EXERCISE OBJECTIVE: The required answer is a copy of each line in the entries below that includes "Activity".

PROVIDED MATERIAL:
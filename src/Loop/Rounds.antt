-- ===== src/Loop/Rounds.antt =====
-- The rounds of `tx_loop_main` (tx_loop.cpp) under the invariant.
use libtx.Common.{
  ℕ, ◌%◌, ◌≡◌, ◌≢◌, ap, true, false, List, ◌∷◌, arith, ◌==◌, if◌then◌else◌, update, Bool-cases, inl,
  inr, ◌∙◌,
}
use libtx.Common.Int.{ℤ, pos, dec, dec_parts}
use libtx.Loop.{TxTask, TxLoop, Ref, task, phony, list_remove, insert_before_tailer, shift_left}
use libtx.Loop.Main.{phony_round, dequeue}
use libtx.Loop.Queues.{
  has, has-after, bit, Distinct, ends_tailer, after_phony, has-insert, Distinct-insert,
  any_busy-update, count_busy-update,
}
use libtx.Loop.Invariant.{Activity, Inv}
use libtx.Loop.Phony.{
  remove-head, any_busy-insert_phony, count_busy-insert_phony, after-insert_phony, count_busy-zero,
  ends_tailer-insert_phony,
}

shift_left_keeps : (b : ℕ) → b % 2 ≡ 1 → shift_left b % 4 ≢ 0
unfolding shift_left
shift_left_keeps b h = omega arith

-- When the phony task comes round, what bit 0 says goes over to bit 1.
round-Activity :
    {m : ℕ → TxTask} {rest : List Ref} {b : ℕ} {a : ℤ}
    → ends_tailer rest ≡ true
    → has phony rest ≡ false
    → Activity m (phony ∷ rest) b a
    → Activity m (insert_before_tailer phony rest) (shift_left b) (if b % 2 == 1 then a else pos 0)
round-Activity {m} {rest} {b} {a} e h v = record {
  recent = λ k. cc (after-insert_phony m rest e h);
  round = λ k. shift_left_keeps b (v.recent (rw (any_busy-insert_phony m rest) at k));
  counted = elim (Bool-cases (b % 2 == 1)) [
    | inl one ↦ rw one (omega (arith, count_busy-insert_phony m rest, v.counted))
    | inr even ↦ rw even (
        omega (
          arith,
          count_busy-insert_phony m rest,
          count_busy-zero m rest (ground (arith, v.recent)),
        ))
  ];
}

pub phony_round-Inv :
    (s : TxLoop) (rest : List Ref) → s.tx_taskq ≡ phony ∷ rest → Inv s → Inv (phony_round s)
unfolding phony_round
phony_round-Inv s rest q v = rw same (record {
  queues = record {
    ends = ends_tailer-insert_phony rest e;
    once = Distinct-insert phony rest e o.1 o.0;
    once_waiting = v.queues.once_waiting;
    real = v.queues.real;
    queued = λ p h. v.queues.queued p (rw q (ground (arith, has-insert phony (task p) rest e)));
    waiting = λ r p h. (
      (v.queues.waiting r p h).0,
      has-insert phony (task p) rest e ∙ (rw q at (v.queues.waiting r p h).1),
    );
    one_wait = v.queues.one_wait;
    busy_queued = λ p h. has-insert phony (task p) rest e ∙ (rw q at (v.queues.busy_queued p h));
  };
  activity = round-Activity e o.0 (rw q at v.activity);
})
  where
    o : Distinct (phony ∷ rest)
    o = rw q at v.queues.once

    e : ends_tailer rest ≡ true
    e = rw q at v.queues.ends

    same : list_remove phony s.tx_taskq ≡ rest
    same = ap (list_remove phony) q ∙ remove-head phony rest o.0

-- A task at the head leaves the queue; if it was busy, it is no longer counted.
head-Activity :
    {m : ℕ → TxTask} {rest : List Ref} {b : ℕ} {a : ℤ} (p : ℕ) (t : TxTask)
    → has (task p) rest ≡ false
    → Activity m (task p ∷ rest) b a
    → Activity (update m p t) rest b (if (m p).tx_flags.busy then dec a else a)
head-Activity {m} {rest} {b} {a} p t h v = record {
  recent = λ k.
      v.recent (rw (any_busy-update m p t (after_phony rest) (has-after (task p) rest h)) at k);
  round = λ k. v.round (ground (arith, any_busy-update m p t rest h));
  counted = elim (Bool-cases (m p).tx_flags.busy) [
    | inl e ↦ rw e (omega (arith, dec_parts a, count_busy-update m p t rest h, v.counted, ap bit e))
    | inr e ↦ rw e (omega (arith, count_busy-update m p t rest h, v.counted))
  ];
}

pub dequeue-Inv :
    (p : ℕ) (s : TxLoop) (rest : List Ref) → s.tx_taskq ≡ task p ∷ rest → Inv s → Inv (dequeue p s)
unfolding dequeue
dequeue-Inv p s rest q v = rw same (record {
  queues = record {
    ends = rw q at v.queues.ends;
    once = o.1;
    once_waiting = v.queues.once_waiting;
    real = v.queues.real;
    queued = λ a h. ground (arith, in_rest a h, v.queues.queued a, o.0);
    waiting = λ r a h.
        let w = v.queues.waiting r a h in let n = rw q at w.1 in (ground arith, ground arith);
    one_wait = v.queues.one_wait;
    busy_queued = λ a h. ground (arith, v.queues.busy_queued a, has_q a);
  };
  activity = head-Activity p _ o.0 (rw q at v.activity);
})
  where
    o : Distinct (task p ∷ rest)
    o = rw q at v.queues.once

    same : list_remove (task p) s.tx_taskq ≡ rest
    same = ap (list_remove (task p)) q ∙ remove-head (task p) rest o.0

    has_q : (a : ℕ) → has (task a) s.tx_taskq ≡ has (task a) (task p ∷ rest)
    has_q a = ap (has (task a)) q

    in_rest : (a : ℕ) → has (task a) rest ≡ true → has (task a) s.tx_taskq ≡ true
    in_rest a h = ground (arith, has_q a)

RESPONSE:
use libtx.Loop.Invariant.{Activity, Inv}
round-Activity :
    → Activity m (phony ∷ rest) b a
    → Activity m (insert_before_tailer phony rest) (shift_left b) (if b % 2 == 1 then a else pos 0)
round-Activity {m} {rest} {b} {a} e h v = record {
  activity = round-Activity e o.0 (rw q at v.activity);
head-Activity :
    → Activity m (task p ∷ rest) b a
    → Activity (update m p t) rest b (if (m p).tx_flags.busy then dec a else a)
head-Activity {m} {rest} {b} {a} p t h v = record {
  activity = head-Activity p _ o.0 (rw q at v.activity);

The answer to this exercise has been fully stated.